Does the density of fixes – the pooled utilization distribution (UD) – reflect this heterogeneous resource map in a clear and consistent manner? How does the UD compare to the locally estimated H index?
First, since we in this case are studying a scenario where the animals have utilized its habitat in a multi-scaled (basically scale-free) manner and under influence of spatial memory, we do not expect the UD to perform well. Such compliance would require that the animals moved classically – i.e., mechanistically and with Markov compliance – as described repeatedly in other posts. The illustration above indicates that the “superior” columns 3 and 4 does indeed have the highest density of fixes. However, the difference to the other columns is not substantial, and the intra-column standard deviation (vertical bars) is high. In short, the UD performs badly as a proxy variable for the true space use intensity in this scenario.
Then consider the MRW-derived utilization distribution – the H index – applied on the same data. The results speak for itself. As expected, the intensity of space use stands out clearly in column 3 and 4, and the standard deviation is small.
The crucial question is then – do individuals in real populations comply with the standard framework? If so, one should expect a similarly “sharp” proxy variable result from using the standard density of fixes, and the H index should be expected to perform poorly. On the other hand, if the MRW framework is more proper, a performance like the illustration above should be expected.
Of course, individuals’ response to a heterogeneous landscape will in reality be much more complicated than in the present illustrative example.

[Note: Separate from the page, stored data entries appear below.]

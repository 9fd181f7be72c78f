-- ===== src/Text/Lines.antt =====
-- `strings.Split(s, "\n")` and `strings.Fields(s)`, the latter for the white space of ASCII.
use csi_driver_bs.Base.{
  ℕ, ◌&&◌, ◌||◌, Bool, true, false, ◌≡◌, refl, arith, ◌++◌, eqb, leb, List, [], ◌∷◌, if◌then◌else◌,
}
use csi_driver_bs.Text.{Text}

abbrev pub newline : ℕ
newline = 10

abbrev pub is_space : ℕ → Bool
is_space c = eqb c 32 || (leb 9 c && leb c 13)

-- The first line, and the others.
unfoldable pub cut_lines : Text → Text × List Text
cut_lines [] = ([], [])
cut_lines (c ∷ s) =
    let (first, others) = cut_lines s in
    if eqb c newline then ([], first ∷ others) else (c ∷ first, others)

unfoldable pub split_lines : Text → List Text
split_lines s = let (first, others) = cut_lines s in first ∷ others

abbrev pub add_word : Text → List Text → List Text
add_word [] words = words
add_word (c ∷ word) words = (c ∷ word) ∷ words

-- What stands before the first space, and the words after it.
unfoldable pub cut_words : Text → Text × List Text
cut_words [] = ([], [])
cut_words (c ∷ s) =
    let (first, others) = cut_words s in
    if is_space c then ([], add_word first others) else (c ∷ first, others)

unfoldable pub fields : Text → List Text
fields s = let (first, others) = cut_words s in add_word first others

abbrev pub has_newline : Text → Bool
has_newline [] = false
has_newline (c ∷ s) = if eqb c newline then true else has_newline s

-- The first line of a text that begins with a line and its end.
pub split_lines-line :
    (line s : Text)
    → has_newline line ≡ false
    → cut_lines (line ++ (newline ∷ s)) ≡ (line, split_lines s)
unfolding cut_lines split_lines
split_lines-line [] s h = refl
split_lines-line (c ∷ line) s h = ground (arith, split_lines-line line s)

However, this example illustrates the importance of applying analytical models from a process framework that complies best with the actual animal behaviour in statistical-mechanical terms.
If a Markov compliant behaviour is the most suitable framework for the space use process, use the classic density variable as a proxy for intensity of space use. If a non-Markovian behaviour (like MRW) is more suitable, use H. My book summarizes several approaches to pilot test which choice is the proper one for a given data set. Best of all, the methods are statistically simple to perform.
After this basic choice between two qualitatively different frameworks has been done, move forward with a more realistic model design; i.e., add terms for various habitat attributes that are considered important for local space use intensity and thus for habitat selection. In other words, move into the domain of ecological inference.
REFERENCES
Gautestad, A. O., and I. Mysterud. 2010. Spatial memory, habitat auto-facilitation and the emergence of fractal home range patterns. Ecological Modelling 221:2741-2750.